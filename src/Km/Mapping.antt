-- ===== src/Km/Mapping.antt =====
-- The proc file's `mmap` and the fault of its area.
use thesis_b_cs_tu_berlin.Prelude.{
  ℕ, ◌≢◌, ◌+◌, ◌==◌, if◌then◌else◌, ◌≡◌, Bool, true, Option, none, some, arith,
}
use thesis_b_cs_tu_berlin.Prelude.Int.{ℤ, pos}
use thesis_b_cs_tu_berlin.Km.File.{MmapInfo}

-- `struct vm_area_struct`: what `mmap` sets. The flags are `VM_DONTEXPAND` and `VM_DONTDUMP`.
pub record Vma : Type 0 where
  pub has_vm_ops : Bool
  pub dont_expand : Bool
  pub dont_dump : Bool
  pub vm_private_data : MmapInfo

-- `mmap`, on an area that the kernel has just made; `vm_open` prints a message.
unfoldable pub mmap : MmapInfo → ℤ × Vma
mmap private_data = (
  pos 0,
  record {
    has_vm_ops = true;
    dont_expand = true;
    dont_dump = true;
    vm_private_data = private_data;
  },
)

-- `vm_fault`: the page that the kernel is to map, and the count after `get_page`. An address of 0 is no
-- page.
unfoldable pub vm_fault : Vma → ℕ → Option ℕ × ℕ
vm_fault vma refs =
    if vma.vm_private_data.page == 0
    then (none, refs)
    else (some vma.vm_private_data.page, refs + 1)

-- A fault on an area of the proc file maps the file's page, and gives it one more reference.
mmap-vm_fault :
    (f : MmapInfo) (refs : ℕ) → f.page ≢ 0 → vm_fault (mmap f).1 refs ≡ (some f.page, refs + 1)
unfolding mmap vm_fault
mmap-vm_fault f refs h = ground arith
◆ ◆ ◆
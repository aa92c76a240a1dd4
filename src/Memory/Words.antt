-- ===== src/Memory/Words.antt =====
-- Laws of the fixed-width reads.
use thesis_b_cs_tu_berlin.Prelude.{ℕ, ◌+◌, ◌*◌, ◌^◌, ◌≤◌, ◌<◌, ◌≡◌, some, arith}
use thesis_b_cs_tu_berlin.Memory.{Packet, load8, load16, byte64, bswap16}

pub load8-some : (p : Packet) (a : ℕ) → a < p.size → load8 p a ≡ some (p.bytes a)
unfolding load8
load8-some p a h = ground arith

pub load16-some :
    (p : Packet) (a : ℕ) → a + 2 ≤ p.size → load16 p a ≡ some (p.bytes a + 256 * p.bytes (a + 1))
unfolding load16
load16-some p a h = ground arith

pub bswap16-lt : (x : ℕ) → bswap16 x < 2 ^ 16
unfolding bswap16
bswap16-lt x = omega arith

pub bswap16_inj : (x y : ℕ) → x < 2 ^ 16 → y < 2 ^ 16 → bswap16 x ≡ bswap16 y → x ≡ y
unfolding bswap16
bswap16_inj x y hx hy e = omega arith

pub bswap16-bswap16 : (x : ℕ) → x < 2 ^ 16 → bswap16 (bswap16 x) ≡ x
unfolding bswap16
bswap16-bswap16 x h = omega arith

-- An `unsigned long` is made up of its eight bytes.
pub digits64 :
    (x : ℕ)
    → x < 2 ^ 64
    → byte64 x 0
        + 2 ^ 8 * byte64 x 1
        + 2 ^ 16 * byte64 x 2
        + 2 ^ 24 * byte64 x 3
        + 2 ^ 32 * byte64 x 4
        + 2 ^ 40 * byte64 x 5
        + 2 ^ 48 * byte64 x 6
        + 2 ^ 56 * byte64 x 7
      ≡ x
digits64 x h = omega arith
◆ ◆ ◆
=== EXERCISE INSTRUCTIONS ===
Search the data above for lines holding "some" and copy each of them.

=== ANSWER BOX ===
  ℕ, ◌≢◌, ◌+◌, ◌==◌, if◌then◌else◌, ◌≡◌, Bool, true, Option, none, some, arith,
    else (some vma.vm_private_data.page, refs + 1)
    (f : MmapInfo) (refs : ℕ) → f.page ≢ 0 → vm_fault (mmap f).1 refs ≡ (some f.page, refs + 1)
use thesis_b_cs_tu_berlin.Prelude.{ℕ, ◌+◌, ◌*◌, ◌^◌, ◌≤◌, ◌<◌, ◌≡◌, some, arith}
pub load8-some : (p : Packet) (a : ℕ) → a < p.size → load8 p a ≡ some (p.bytes a)
load8-some p a h = ground arith
pub load16-some :
    (p : Packet) (a : ℕ) → a + 2 ≤ p.size → load16 p a ≡ some (p.bytes a + 256 * p.bytes (a + 1))
load16-some p a h = ground arith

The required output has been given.